Can forests survive climate change?
Human-induced (anthropogenic) climate change is exposing forests to a growing risk of drought-induced tree mortality. Replacement patterns following drought related mortality indicate that predrought dominant tree species have limited short-term persistence, highlighting the likelihood for major ecosystem reorganization and its implication to changing forest biodiversity in the coming decades.
Many forests across the globe are experiencing tree mortality episodes as a consequence of long, intense drought periods, likely associated to anthropogenic – human-caused, as opposed to natural – climate change. To date, most research has focused on plant mortality processes during drought, and the way in which forest communities recover following drought mortality, which is key for the fate of these key ecosystems, remains mostly unknown. This knowledge gap represents a major limitation to our understanding of the ecological consequences of climate change.
We performed field campaigns to study the short-term (range 1 to 23 years after tree mortality) dynamics of forests after drought-induced mortality. Although we inevitably need to wait several decades to accurately know the final fate of these forests, the long-lived nature of trees allows us to expect that, in the absence of further disturbance, the current patterns of species persistence, which is their ability to stay in the disturbed site, will remain for decades.
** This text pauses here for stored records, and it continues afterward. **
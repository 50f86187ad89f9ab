-- ===== src/Schedule/Views.antt =====
-- schedule/schedule.go: `Assignment.Node`, one node's slice of the plan. `none` is a panic.
pub mod Seats
pub mod Rounds
use eth_slot_sim.Base.{
  ℕ, zero, suc, ◌+◌, ◌-◌, ◌/◌, Bool, true, false, ◌||◌, List, [], ◌∷◌, ◌++◌, map, Option, none,
  some, ◌>>=◌, ℤ, pos, minus_one, ltb, ◌==◌, if◌then◌else◌, length, get_elem?, range_from, any,
  indices, find_index, contains,
}
use eth_slot_sim.Schedule.{
  Assignment, AttestDuty, AcVoteDuty, PtcDuty, AttesterRef, SlotPlan, View, segregated,
}
use eth_slot_sim.Schedule.Duties.{finality_vote_duties, finality_aggregations}

abbrev pub duty_of : AttesterRef → AttestDuty
duty_of r = record { subnet = r.subnet; val = r.val; position = pos r.position }

-- The seats of one committee that the node fills.
unfoldable pub committee_duties : ℕ → List AttesterRef → List AttestDuty
committee_duties node [] = []
committee_duties node (r ∷ rs) =
    let rest = committee_duties node rs in if r.node == node then duty_of r ∷ rest else rest

unfoldable pub slot_duties : ℕ → List (List AttesterRef) → List AttestDuty
unfolding committee_duties
slot_duties node [] = []
slot_duties node (c ∷ cs) = committee_duties node c ++ slot_duties node cs

unfoldable pub voter_vals : ℕ → List AttesterRef → List ℕ
voter_vals node [] = []
voter_vals node (r ∷ rs) =
    let rest = voter_vals node rs in if r.node == node then r.val ∷ rest else rest

-- The subnets of the committees, counted from `ci`, that the node aggregates.
unfoldable pub aggregated : ℕ → List ℕ → ℕ → List (List ℕ) → Option (List ℕ)
aggregated node subnet_of ci [] = some []
aggregated node subnet_of ci (aggs ∷ rest) = do
  more ← aggregated node subnet_of (suc ci) rest
  if contains aggs node then (do s ← get_elem? subnet_of ci; some (s ∷ more)) else some more

unfoldable pub all_aggregated : ℕ → List SlotPlan → Option (List (List ℕ))
unfolding aggregated
all_aggregated node [] = some []
all_aggregated node (sp ∷ sps) = do
  here ← aggregated node sp.subnet_of 0 sp.aggregators
  more ← all_aggregated node sps
  some (here ∷ more)

-- Some committee, subnet or finality subnet of some slot has an aggregator.
abbrev pub draws {ℓ} : {A : Type ℓ} → (SlotPlan → List (List A)) → List SlotPlan → Bool
draws of = any (λ sp. any (λ aggs. ltb 0 (length aggs)) (of sp))

abbrev pub member_subnet : ℕ → List (List ℕ) → ℤ × Bool
member_subnet node subscribers =
    elim (find_index (λ members. contains members node) 0 subscribers) [
      | none ↦ (minus_one, false)
      | some s ↦ (pos s, true)
    ]

-- The number of finality rounds: 0 without a finality chain, every slot under segregation, and
-- otherwise the slots in groups of k, the last one perhaps not full.
abbrev pub rounds_in_plan : Assignment → ℕ
rounds_in_plan a =
    if a.params.ac_slots_per_finality_slot == 0 || length a.finality_subnet_of == 0
    then 0
    else (if segregated a
        then length a.slots
        else (length a.slots + a.params.ac_slots_per_finality_slot - 1)
          / a.params.ac_slots_per_finality_slot)

unfoldable pub round_duties : Assignment → ℕ → ℕ → ℕ → Option (List (List AttestDuty))
round_duties a node n zero = some []
round_duties a node n (suc count) = do
  here ← finality_vote_duties a node n
  more ← round_duties a node (suc n) count
  some (here ∷ more)

unfoldable pub node_view : Assignment → ℕ → Option View
unfolding slot_duties voter_vals all_aggregated round_duties
node_view a node = do
  aggregate_subnets ← all_aggregated node a.slots
  votes ← round_duties a node 0 (rounds_in_plan a)
  some (record {
    num_columns = a.num_columns;
    proposes = map (λ sp. sp.proposer == node) a.slots;
    attest_duties = map (λ sp. slot_duties node sp.committees) a.slots;
    ac_vote_duties =
        map (λ sp. map (λ v. record { val = v }) (voter_vals node sp.ac_voters)) a.slots;
    ptc_duties = map (λ sp. map (λ v. record { val = v }) (voter_vals node sp.ptc_voters)) a.slots;
    aggregate_subnets = aggregate_subnets;
    sync_aggregate_subnets =
        map (λ sp. indices (λ aggs. contains aggs node) 0 sp.sync_aggregators) a.slots;
    finality_vote_duties = votes;
    finality_aggregations =
        map (λ n. finality_aggregations a node n) (range_from 0 (rounds_in_plan a));
    has_aggregators = draws (λ sp. sp.aggregators) a.slots;
    has_sync_aggregators = draws (λ sp. sp.sync_aggregators) a.slots;
    has_finality_aggregators = draws (λ sp. sp.finality_aggregators) a.slots;
    subscribed_subnets = indices (λ members. contains members node) 0 a.subnet_subscribers;
    custody_columns =
        if contains a.full_custody node
        then range_from 0 a.num_columns
        else indices (λ members. contains members node) 0 a.column_subscribers;
    full_custody = contains a.full_custody node;
    sync_subnet = (member_subnet node a.sync_subscribers).0;
    sync_member = (member_subnet node a.sync_subscribers).1;
    finality_subnet = (member_subnet node a.finality_subscribers).0;
    finality_member = (member_subnet node a.finality_subscribers).1;
    subscribers = a.subnet_subscribers;
    finality_subscribers = a.finality_subscribers;
    validators_per_subnet = a.validators_per_subnet;
    validators_per_round_subnet = a.validators_per_round_subnet;
  })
In our study, we assessed 131 forest and woodland sites from dry tropical to temperate and boreal systems, excluding species-rich tropical forests. We quantified the composition of woody species after drought mortality to evaluate: the degree of self-replacement of the predrought dominant tree species (i.e., replacement with itself), replacement of the dominant species by other woody species including trees and shrubs, or the lack of replacement by woody vegetation. This approach allows us to assess forest resistance, which is the ability of a forest to resist disturbances and maintain its structure and function or, alternatively, conversion of forest to other vegetation types. Replacement patterns following drought were then examined in relation to drought characteristics, forest management, and biotic disturbances (including insects and pathogens). We also assessed the bioclimatic preferences, that is the climate conditions (e.g., arid or humid environments) where species thrive, of predrought dominant and postdrought replacing species.
We found that in 69% of the study sites trees affected by drought mortality were replaced by other tree and shrub species, and in 10% of the cases no replacement by woody vegetation (i.e., forest collapse) prevailed up to ~20 years following drought. Therefore, drought episodes are likely to cause forest species turnover and promote structural change, strongly influencing short-term ecosystem resilience. We found that changes in species composition were stronger under drier conditions after drought, which given the increasing aridity trends in many regions, highlights the likelihood of important ecosystem reorganizations due to these events in the coming decades. Importantly, under high management intensity, irrespective of management type, and when fungi and other pathogens were concurrent with the drought, we observed the highest levels of tree replacement by shrubs. Overall, these results highlight that interacting disturbances (anthropogenic and natural) can disrupt forest resistance and, therefore, amplify processes that lead to forest collapse.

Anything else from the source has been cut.